You can blame many factors for the current opioid epidemic. You make an unfair statement not supported by your reference, implicating emergency department care as the cause of the opioid epidemic. In fact, i would directly implicate the dental community for withholding “sophisticated methods for prevention, diagnosis, and treatment” from many in need.
Why try to expand dentists’ scope of practice to include primary care when it appears they are not adequately providing basic dental care.
I don’t know of many physicians who view bundled payments as a good thing. Instead of treating patients and getting paid for each visit, bundles payments incentivize less follow-up care and the avoidance of treatment in order to maximize profit.
Breaking down the wall sounds good in theory, but why on Earth would dentists want to have to use ICD-10 and its nearly 90,000 codes with all of the billing complexities that entails?
Also, breaking down the wall will introduce managed care and meaningful use in ways that dentists have been largely able to avoid until now. Do we really want to go down that road? Have patients really benefitted from seeing their physicians less due to burdensome paperwork?
I am all for educating dentists on the rest of the body, but not if it comes at the expense of their dental training. Many dental students do not undergo residency training. They need as much exposure to the actual practice of dentistry during school that they can get. Demanding that they spend more time learning procedures not related to the practice of dentistry may mean that we produce worse dentists. One way around this would be requiring a residency, but with many dental schools costing significantly more than medical school these days, that seems an untenable solution.
The wall between medicine and dentistry has largely served to protect dentistry from the problems that now plague medicine. I think this is a case of being careful what we wish for.
Great stuff.
.been preaching this for years. I have collaborated with all of our local medical groups. Thousands of docs…and me. Ibwould love to aid in the battle.
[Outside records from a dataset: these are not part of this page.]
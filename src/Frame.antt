-- ===== src/Frame.antt =====
-- src/monitor/SystemMonitor.cpp: the instruction stream, the fibers and the input box, and the frame
-- that `render` puts together and sends.
pub mod Validity
pub mod Drawing
pub mod Scroll
pub mod Session
pub mod Picture
pub mod Rows
pub mod Streams
pub mod Entry
pub mod Bars
use Prim.Native.String
use Prim.Native.String.{String}
use hyperion_euntime_environ.Base.{
  ℕ, zero, suc, ◌+◌, ◌-◌, ◌*◌, ◌/◌, ◌%◌, ◌^◌, bit_and, bit_or, Bool, true, false, ◌&&◌, ◌||◌,
  Option, none, some, List, [], ◌∷◌, ◌++◌, map, ltb, leb, ◌==◌, if◌then◌else◌, length, set, get_or,
  take, ℤ, pos, negsuc, pos_part, to_size, ◌+ℤ◌, ◌-ℤ◌, ◌*ℤ◌, quot, rem, ltb_ℤ, leb_ℤ,
}
use hyperion_euntime_environ.Base.Text.{codes, to_decimal, to_hex, pad_left_aligned, pad_zeros}
use hyperion_euntime_environ.Canvas.{Cell, Rect, blank, put, draw_text, draw_box, clear_buffer, at}
use hyperion_euntime_environ.Panel.{
  ghost_rect, fibers_rect, jit_rect, input_rect, text_on, box_on, draw_ghost_map,
}
use hyperion_euntime_environ.Monitor.{Monitor, Piece, fast_rand, present}
use hyperion_euntime_environ.Scheduler.{Scheduler, Fiber}
use hyperion_euntime_environ.MemoryManager.{Manager}

-- `dummy_asm`
abbrev dummy_asm : List (List ℕ)
dummy_asm =
    codes "MOV  RAX, 0x0"
    ∷ codes "PUSH RBP"
    ∷ codes "MOV  RBP, RSP"
    ∷ codes "SUB  RSP, 0x40"
    ∷ codes "LEA  RDI, [RIP+0x20]"
    ∷ codes "CALL 0xFADE"
    ∷ codes "TEST RAX, RAX"
    ∷ codes "JZ   0x0040"
    ∷ codes "NOP"
    ∷ codes "PAUSE"
    ∷ codes "HLT"
    ∷ []

unfoldable pub jit_line : ℕ → ℕ → List ℕ
jit_line scroll_offset i =
    let line_idx = (scroll_offset / 10 + i) % 11 in
    codes "0x"
    ++ (pad_zeros 4 (to_hex (0x1000 + line_idx * 4))
        ++ (codes ": " ++ get_or dummy_asm line_idx []))

-- `substr(0, n)` where it is cut, with n converted to a size_t.
unfoldable pub cut : ℤ → List ℕ → List ℕ
cut n line = if ltb (to_size n) (length line) then take (to_size n) line else line

unfoldable pub jit_loop : ℕ → ℕ → Rect → Monitor → Monitor
jit_loop zero i rect m = m
jit_loop (suc rounds) i rect m = jit_loop rounds (suc i) rect (
    text_on (rect.x +ℤ pos 1) (rect.y +ℤ pos 1 +ℤ pos i)
      (cut (rect.w -ℤ pos 2) (jit_line m.scroll_offset i)) m)

unfoldable pub draw_jit_stream : Rect → Monitor → Monitor
draw_jit_stream rect m =
    let m1 = text_on (rect.x +ℤ pos 2) rect.y (codes " JIT STREAM ") (box_on rect m) in
    jit_loop (pos_part (rect.h -ℤ pos 2)) 0 rect
      (record m1 { scroll_offset = m1.scroll_offset + 1 })

abbrev pub is_current : Option ℕ → ℕ → Bool
is_current none i = false
is_current (some c) i = c == i

-- The stack in use, and the stack pointer as shown: its low byte jitters for the current fiber, and
-- for three others in ten.
unfoldable pub stack_used : Fiber → ℕ
stack_used f =
    if f.stack_base == 0
    then 0
    else ((f.stack_base + f.stack_size) % 2 ^ 64 + 2 ^ 64 - f.stack_ptr) % 2 ^ 64

unfoldable pub visual_sp : Bool → ℕ → ℕ → ℕ × ℕ
visual_sp true seed sp =
    let s = fast_rand seed in (bit_or (bit_and sp (2 ^ 64 - 256)) (bit_and s 255), s)
visual_sp false seed sp =
    let s1 = fast_rand seed in
    let s2 = fast_rand s1 in
    if ltb (s1 % 10) 3 then (bit_or (bit_and sp (2 ^ 64 - 256)) (bit_and s2 255), s2) else (sp, s1)

-- The spinner's four bytes: "|/-\"
abbrev pub spinner : ℕ → ℕ
spinner i = get_or (124 ∷ 47 ∷ 45 ∷ 92 ∷ []) i 0

unfoldable pub fiber_line : ℕ → Bool → ℕ → Fiber → List ℕ
fiber_line spinner_idx is_curr shown_sp f =
    (if is_curr then spinner spinner_idx ∷ 32 ∷ [] else 32 ∷ 32 ∷ [])
    ++ (codes "ID:"
        ++ (to_decimal f.id
            ++ (codes " "
                ++ (pad_left_aligned 8 (codes f.name)
                    ++ (codes " STK:"
                        ++ (pad_left_aligned 4 (to_decimal (stack_used f))
                            ++ (codes "B" ++ (codes " SP:" ++ to_hex shown_sp))))))))

-- The loop over the fibers, with the place of the next one and its row.
unfoldable pub fiber_loop : Rect → Option ℕ → List Fiber → ℕ → ℕ → Monitor → Monitor
fiber_loop rect current [] i row m = m
fiber_loop rect current (f ∷ fibers) i row m =
    let is_curr = is_current current i in
    let (sp, s) = visual_sp is_curr m.rand_seed f.stack_ptr in
    let m' =
      text_on (rect.x +ℤ pos 1) (rect.y +ℤ pos row) (fiber_line m.spinner_idx is_curr sp f)
        (record m { rand_seed = s }) in
    let rest = fiber_loop rect current fibers (suc i) (suc row) m' in
    if leb_ℤ (rect.h -ℤ pos 1) (pos (suc row)) then m' else rest

unfoldable pub draw_fibers : Scheduler → Rect → Monitor → Monitor
draw_fibers k rect m =
    let m1 = text_on (rect.x +ℤ pos 2) rect.y (codes " FIBER SCHEDULER ") (box_on rect m) in
    fiber_loop rect k.current_fiber k.fibers 0 1
      (record m1 { spinner_idx = (m1.spinner_idx + 1) % 4 })

-- The flash: both long sides of the input box drawn with `=`.
unfoldable pub flash_loop : ℕ → ℕ → Rect → Monitor → Monitor
flash_loop zero i rect m = m
flash_loop (suc rounds) i rect m =
    let row = λ (y : ℤ). y *ℤ pos m.width +ℤ rect.x +ℤ pos i in
    flash_loop rounds (suc i) rect (record m {
      back_buffer =
          put (put m.back_buffer (row rect.y) (61 ∷ [])) (row (rect.y +ℤ rect.h -ℤ pos 1))
            (61 ∷ []);
    })

unfoldable pub input_border : Rect → Monitor → Monitor
input_border rect m =
    let s = fast_rand m.rand_seed in
    if ltb 0 m.flash_timer
    then flash_loop (pos_part rect.w) 0 rect (record m { flash_timer = m.flash_timer - 1 })
    else if length m.input_text == 0
    then (if s % 20 == 0
        then record m { rand_seed = s }
        else box_on rect (record m { rand_seed = s }))
    else box_on rect m

unfoldable pub input_line : Rect → Monitor → Monitor
input_line rect m =
    let s = fast_rand m.rand_seed in
    if length m.input_text == 0
    then (if ltb (s % 30) 15
        then text_on (rect.x +ℤ pos 2) (rect.y +ℤ pos 1) (codes "_") (record m { rand_seed = s })
        else record m { rand_seed = s })
    else text_on (rect.x +ℤ pos 2) (rect.y +ℤ pos 1) (take (to_size (rect.w -ℤ pos 4)) m.input_text)
        m

unfoldable pub draw_input : Rect → Monitor → Monitor
draw_input rect m =
    input_line rect
      (text_on (rect.x +ℤ pos 2) rect.y (codes " INPUT BUFFER ") (input_border rect m))

-- The header and the status bar.
unfoldable pub draw_bars : Scheduler → Manager → Monitor → Monitor
draw_bars k ghost m =
    text_on (pos 2) (pos m.height -ℤ pos 1)
      (codes "FAULTS: "
        ++ (to_decimal ghost.fault_count
            ++ (codes " | RESIDENT: "
                ++ (to_decimal ghost.resident_pages
                    ++ (codes " | FIBERS: " ++ to_decimal (length k.fibers))))))
      (text_on (pos 2) (pos 0)
        (if length m.header_info == 0 then codes "COGNITRON ZERO UNIKERNEL" else m.header_info) m)

-- A frame before it is sent.
unfoldable pub draw_frame : Scheduler → Manager → Monitor → Monitor
draw_frame k ghost m = draw_input (input_rect m.width m.height) (
    draw_jit_stream (jit_rect m.width m.height) (
      draw_fibers k (fibers_rect m.width m.height) (
        draw_ghost_map ghost.resident_pages (ghost_rect m.width m.height)
          (draw_bars k ghost (record m { back_buffer = clear_buffer m.back_buffer })))))

unfoldable pub render : Scheduler → Manager → Monitor → List Piece × Monitor
render k ghost m = present (draw_frame k ghost m)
Btw your verbiage is straight off of one of my websites
popc.com…..great minds think alike!
Excellent article.
We use to have some multi professional actions but it does not create real integration
Once more congratulation,Prof Bruce!!
I completely agree with Dr. Donoff’s view of a Dental Specialty of Medicine in form and function, unfortunately he failed to mention in his article the role of Dental professionals in Early Detection and Prevention of Oral Cancer? AHR DMD.